_Task instructions_.
In the entries below, which lines run from the one containing "-- the check of the length of a line" to the one containing "abspath root filename)"? Copy exactly those lines, ends included, and no others.

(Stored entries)
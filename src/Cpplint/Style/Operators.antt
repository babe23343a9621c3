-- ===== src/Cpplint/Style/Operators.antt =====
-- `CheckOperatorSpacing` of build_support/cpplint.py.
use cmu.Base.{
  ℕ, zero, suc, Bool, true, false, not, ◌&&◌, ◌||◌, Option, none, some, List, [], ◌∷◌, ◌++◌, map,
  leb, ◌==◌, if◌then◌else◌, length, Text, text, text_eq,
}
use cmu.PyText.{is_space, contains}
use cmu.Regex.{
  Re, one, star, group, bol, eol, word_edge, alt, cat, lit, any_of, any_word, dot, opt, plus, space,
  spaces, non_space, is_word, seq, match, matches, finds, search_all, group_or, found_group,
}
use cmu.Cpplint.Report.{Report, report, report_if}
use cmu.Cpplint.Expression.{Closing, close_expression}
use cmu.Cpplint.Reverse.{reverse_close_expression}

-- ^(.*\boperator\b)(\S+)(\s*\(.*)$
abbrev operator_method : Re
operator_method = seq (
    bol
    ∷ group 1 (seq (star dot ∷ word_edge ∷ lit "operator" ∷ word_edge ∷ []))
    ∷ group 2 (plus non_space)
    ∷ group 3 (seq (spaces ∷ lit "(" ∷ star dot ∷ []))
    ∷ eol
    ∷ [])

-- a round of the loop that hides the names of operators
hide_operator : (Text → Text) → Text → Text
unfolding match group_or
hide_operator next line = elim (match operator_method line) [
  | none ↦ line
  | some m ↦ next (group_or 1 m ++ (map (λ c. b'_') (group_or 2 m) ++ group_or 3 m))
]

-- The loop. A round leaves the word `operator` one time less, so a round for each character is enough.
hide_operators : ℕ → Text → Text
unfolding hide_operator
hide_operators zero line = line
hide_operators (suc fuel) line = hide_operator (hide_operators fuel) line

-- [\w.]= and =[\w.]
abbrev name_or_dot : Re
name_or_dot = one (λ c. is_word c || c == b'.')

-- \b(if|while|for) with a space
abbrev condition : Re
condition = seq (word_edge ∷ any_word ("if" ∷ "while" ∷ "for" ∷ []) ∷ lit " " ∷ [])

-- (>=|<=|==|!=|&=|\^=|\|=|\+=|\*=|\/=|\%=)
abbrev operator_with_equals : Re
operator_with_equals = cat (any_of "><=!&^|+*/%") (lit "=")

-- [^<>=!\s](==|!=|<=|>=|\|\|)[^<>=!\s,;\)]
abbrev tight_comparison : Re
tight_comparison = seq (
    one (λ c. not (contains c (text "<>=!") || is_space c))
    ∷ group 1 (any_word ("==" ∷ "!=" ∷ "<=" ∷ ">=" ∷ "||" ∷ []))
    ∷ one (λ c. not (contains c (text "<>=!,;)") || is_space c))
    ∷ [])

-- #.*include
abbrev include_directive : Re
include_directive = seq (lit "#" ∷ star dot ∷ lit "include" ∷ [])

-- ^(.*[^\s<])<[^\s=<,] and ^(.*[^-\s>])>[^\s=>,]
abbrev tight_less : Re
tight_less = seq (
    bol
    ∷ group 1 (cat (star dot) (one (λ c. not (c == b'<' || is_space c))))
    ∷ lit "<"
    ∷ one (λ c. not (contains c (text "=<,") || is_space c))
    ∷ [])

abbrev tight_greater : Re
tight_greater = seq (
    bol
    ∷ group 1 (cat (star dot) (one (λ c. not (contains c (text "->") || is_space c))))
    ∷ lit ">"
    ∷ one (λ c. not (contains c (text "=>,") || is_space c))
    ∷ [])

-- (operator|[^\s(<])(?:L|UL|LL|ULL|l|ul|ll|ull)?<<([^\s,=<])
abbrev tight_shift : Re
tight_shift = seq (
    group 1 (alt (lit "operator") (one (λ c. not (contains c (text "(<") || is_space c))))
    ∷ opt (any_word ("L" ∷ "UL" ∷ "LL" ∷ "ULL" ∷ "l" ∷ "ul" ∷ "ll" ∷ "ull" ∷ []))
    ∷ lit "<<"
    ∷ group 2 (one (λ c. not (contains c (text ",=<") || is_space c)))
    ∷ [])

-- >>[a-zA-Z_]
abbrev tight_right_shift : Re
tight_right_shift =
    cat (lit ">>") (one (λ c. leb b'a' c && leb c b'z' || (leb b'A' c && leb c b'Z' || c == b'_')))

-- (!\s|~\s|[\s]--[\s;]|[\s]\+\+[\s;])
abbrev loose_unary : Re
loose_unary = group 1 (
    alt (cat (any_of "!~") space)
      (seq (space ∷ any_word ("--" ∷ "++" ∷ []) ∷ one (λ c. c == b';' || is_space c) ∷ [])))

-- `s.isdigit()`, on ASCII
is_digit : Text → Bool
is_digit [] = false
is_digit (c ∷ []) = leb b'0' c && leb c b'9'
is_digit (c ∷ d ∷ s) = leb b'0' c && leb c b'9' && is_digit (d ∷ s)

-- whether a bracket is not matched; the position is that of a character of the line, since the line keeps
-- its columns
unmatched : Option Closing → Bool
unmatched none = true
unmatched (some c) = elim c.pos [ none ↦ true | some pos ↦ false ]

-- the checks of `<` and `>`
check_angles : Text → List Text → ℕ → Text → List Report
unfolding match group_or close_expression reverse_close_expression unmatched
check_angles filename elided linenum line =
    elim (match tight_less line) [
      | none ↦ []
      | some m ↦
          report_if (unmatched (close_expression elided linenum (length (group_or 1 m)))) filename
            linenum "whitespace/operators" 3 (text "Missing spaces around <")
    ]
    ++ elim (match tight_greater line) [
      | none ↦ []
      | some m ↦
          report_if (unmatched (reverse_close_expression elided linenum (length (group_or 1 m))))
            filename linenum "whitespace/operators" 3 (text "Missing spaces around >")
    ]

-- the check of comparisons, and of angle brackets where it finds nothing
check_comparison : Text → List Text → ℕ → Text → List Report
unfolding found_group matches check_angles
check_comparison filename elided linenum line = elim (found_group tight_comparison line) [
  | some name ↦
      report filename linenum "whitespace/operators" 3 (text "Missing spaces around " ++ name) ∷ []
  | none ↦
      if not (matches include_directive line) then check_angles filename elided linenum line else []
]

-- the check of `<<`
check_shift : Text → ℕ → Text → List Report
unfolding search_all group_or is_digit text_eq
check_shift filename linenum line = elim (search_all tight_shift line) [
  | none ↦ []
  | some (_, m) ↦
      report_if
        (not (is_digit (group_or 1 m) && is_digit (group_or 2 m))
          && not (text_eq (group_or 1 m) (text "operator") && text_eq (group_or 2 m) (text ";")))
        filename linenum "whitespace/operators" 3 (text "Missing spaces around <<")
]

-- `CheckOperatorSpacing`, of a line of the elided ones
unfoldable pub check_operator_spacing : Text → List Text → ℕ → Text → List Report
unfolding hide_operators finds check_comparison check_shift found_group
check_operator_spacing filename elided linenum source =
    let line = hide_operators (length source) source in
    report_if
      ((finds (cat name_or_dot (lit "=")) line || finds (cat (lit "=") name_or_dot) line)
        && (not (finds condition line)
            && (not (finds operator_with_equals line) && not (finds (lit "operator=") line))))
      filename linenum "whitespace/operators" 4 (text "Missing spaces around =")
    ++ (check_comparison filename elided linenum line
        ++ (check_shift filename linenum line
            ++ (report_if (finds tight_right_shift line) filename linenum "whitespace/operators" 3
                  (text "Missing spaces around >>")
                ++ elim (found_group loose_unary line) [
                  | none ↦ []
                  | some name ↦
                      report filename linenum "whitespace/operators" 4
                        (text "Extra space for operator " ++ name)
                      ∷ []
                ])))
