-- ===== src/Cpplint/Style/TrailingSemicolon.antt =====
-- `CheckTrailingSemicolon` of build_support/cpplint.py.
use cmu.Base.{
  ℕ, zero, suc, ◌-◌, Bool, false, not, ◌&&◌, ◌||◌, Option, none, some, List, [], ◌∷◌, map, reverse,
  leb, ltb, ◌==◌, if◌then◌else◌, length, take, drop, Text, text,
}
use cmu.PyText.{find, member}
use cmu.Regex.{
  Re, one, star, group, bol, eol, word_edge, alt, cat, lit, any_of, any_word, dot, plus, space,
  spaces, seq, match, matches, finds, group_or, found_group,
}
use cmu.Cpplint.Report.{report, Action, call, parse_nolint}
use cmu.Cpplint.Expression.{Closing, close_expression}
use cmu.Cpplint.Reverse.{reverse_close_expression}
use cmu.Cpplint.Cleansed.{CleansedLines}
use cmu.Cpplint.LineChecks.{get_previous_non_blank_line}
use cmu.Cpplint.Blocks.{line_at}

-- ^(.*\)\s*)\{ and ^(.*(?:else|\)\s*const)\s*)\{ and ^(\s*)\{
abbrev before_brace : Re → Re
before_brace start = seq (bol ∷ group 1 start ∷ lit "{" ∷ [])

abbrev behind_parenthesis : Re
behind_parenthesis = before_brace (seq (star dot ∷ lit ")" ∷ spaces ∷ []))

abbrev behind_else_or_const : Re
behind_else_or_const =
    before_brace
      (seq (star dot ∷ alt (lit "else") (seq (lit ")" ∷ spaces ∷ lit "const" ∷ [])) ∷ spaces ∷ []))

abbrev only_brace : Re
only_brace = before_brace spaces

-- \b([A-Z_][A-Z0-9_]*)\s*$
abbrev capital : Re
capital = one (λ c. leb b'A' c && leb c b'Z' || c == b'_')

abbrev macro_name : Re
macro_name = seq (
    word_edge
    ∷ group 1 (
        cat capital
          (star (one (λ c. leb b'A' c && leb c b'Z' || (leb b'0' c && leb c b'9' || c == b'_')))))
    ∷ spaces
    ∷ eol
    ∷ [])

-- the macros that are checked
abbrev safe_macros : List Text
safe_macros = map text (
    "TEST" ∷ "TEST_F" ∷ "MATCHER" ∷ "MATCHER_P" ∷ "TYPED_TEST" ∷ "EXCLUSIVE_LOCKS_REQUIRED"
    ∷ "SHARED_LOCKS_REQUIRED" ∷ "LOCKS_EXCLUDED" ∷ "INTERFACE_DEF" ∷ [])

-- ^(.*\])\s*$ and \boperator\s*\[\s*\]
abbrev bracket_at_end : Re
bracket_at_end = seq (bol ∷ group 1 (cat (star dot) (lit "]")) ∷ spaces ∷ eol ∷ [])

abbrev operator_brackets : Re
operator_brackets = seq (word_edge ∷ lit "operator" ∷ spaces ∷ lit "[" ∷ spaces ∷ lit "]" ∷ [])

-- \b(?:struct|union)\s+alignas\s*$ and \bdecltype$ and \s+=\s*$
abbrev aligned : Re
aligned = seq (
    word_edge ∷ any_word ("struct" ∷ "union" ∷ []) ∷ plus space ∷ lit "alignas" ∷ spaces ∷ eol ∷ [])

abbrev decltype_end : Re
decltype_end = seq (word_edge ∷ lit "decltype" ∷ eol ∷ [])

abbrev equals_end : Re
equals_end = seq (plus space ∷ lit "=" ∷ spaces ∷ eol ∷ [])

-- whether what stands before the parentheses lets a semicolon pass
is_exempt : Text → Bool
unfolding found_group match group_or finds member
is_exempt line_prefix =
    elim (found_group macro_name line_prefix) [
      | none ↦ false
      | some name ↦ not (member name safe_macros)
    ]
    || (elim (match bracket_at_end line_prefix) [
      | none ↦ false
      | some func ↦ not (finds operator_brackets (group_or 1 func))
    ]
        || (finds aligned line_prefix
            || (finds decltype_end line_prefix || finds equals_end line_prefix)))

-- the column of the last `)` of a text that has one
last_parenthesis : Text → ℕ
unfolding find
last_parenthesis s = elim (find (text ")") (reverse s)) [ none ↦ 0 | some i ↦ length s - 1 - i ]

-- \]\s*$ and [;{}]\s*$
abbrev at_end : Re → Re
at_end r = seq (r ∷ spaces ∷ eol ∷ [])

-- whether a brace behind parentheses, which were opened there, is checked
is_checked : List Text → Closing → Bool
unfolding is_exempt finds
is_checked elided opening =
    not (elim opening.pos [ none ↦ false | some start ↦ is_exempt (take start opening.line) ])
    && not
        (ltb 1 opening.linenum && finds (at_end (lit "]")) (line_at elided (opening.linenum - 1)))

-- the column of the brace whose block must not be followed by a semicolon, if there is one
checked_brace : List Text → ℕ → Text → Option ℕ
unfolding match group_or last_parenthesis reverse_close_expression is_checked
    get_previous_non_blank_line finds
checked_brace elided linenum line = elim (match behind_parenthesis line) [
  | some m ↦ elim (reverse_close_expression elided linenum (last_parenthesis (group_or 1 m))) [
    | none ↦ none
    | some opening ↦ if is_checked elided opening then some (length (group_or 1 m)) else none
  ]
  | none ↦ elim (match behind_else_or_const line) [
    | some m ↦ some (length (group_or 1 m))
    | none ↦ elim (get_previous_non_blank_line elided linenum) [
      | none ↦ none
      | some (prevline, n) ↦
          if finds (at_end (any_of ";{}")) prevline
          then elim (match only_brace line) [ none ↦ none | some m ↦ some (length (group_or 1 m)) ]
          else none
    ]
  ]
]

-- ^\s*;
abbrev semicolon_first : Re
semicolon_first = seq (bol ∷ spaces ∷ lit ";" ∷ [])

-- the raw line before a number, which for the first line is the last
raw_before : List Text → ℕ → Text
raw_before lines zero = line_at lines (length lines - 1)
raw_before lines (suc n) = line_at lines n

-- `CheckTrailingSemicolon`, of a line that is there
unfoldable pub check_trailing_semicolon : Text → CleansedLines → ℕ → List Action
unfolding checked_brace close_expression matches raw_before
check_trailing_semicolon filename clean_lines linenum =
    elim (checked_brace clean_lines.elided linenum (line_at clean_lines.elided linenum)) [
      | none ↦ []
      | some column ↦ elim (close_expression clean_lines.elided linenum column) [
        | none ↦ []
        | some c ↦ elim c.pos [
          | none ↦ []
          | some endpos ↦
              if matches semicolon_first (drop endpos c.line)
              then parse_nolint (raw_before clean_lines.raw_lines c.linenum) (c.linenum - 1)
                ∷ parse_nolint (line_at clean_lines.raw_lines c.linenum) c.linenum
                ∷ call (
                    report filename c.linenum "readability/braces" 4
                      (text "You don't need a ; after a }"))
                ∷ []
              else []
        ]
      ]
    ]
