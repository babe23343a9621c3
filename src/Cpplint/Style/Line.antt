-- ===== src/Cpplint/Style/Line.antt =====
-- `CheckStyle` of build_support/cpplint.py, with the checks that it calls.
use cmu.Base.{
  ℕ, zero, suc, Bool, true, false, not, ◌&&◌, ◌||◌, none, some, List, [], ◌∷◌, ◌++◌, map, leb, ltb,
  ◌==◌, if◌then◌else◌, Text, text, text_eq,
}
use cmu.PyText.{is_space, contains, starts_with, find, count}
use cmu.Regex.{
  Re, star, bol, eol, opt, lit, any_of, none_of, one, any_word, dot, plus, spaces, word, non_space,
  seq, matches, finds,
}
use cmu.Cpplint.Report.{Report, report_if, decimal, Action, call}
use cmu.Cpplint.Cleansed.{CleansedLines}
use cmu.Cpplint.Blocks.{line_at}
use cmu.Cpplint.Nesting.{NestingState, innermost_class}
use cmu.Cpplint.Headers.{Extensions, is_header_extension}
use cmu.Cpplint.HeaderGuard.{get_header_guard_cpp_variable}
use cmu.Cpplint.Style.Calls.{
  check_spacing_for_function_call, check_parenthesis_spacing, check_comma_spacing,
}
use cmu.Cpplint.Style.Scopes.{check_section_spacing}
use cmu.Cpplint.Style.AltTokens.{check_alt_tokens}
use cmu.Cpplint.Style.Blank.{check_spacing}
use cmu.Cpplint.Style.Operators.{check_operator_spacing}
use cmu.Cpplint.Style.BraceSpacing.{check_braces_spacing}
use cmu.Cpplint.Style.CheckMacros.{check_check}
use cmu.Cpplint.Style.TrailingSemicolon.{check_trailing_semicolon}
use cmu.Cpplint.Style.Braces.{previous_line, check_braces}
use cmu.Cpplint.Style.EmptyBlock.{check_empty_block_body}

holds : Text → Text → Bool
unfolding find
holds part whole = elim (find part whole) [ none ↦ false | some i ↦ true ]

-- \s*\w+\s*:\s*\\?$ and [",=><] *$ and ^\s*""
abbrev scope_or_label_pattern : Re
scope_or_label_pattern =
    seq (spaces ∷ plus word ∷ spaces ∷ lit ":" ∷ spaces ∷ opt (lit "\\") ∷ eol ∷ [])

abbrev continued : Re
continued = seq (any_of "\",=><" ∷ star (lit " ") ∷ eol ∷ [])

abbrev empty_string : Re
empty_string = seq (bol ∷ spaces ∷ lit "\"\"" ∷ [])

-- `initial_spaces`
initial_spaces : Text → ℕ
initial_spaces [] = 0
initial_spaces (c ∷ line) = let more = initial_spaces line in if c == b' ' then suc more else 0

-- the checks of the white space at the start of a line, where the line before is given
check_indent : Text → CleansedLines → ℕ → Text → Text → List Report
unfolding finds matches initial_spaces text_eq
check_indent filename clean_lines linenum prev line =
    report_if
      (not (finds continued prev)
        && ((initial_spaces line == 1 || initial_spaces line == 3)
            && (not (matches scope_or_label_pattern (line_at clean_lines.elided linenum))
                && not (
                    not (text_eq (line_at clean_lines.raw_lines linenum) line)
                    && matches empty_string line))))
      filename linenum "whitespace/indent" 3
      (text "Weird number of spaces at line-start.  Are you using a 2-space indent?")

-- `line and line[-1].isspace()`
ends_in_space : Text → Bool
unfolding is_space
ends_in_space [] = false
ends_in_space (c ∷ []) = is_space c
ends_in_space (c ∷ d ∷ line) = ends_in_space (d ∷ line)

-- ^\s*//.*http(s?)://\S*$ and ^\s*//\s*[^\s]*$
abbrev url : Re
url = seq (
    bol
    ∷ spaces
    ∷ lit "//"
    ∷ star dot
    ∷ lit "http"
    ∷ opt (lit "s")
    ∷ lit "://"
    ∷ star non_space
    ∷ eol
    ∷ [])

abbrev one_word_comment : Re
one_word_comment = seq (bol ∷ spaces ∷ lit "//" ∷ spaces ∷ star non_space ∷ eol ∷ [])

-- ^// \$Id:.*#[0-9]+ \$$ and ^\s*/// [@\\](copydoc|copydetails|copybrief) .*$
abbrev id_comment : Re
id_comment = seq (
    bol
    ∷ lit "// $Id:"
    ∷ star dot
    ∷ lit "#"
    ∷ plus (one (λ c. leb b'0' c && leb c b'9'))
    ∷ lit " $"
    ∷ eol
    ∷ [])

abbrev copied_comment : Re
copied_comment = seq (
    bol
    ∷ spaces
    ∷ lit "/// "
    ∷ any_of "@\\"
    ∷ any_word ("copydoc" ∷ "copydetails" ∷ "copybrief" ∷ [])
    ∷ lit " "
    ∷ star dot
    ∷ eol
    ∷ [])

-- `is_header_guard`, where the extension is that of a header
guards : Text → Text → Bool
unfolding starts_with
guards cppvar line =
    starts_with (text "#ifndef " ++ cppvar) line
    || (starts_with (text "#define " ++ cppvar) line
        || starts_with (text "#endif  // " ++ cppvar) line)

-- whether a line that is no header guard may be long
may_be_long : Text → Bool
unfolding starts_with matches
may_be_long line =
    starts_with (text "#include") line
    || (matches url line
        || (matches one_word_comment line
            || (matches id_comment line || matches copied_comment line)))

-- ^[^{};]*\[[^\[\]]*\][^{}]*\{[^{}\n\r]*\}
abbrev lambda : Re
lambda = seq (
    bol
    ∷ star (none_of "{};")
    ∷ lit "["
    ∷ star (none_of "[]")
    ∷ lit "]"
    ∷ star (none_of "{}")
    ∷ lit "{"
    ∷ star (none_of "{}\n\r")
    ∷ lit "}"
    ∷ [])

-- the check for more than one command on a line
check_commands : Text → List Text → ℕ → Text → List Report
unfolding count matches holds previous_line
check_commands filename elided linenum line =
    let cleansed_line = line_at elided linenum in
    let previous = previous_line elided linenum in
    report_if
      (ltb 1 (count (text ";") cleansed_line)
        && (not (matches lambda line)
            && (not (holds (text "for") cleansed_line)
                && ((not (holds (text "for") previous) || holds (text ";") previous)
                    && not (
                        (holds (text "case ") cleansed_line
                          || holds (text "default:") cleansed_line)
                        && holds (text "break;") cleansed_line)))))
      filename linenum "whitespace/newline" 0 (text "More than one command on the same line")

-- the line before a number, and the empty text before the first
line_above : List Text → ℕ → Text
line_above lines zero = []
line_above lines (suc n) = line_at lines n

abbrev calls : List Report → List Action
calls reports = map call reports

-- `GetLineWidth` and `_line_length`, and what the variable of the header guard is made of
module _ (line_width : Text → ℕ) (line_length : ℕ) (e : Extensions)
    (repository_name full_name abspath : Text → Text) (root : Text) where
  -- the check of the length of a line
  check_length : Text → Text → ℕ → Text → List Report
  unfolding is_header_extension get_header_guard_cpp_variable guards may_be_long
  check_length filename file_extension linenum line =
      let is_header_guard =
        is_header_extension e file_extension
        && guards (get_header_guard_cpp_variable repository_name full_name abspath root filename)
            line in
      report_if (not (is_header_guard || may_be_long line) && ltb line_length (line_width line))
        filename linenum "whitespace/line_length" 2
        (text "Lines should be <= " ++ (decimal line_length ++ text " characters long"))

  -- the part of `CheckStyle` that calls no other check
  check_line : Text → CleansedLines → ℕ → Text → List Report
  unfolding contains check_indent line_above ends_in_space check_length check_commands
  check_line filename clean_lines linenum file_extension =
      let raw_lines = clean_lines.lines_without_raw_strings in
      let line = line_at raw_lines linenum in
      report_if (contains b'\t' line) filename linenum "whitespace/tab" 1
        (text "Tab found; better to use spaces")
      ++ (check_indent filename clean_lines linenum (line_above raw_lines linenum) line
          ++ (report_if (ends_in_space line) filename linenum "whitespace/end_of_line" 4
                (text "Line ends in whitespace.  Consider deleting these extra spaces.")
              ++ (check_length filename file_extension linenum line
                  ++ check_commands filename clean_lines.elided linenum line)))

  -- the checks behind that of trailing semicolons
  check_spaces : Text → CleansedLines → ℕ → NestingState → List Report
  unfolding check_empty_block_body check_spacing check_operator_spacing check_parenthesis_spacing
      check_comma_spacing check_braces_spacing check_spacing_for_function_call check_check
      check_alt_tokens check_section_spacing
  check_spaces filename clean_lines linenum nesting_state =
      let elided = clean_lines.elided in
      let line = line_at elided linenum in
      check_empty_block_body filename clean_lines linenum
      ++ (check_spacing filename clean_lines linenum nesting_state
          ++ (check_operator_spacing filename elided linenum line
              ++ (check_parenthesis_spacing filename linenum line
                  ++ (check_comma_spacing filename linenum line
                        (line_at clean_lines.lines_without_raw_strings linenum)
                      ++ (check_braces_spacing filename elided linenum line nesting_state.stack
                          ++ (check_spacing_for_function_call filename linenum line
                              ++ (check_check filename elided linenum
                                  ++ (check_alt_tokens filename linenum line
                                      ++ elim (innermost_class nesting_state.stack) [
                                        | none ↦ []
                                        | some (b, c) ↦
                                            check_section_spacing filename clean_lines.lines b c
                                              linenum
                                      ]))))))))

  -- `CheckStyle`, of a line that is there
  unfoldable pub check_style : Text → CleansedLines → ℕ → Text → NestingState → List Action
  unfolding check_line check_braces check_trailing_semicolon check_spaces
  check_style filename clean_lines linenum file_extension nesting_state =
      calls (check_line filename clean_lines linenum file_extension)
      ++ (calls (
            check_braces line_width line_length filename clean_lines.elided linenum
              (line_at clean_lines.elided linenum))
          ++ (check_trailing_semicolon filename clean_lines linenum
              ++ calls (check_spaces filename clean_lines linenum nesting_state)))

_Answer section_.
  -- the check of the length of a line
  check_length : Text → Text → ℕ → Text → List Report
  unfolding is_header_extension get_header_guard_cpp_variable guards may_be_long
  check_length filename file_extension linenum line =
      let is_header_guard =
        is_header_extension e file_extension
        && guards (get_header_guard_cpp_variable repository_name full_name abspath root filename)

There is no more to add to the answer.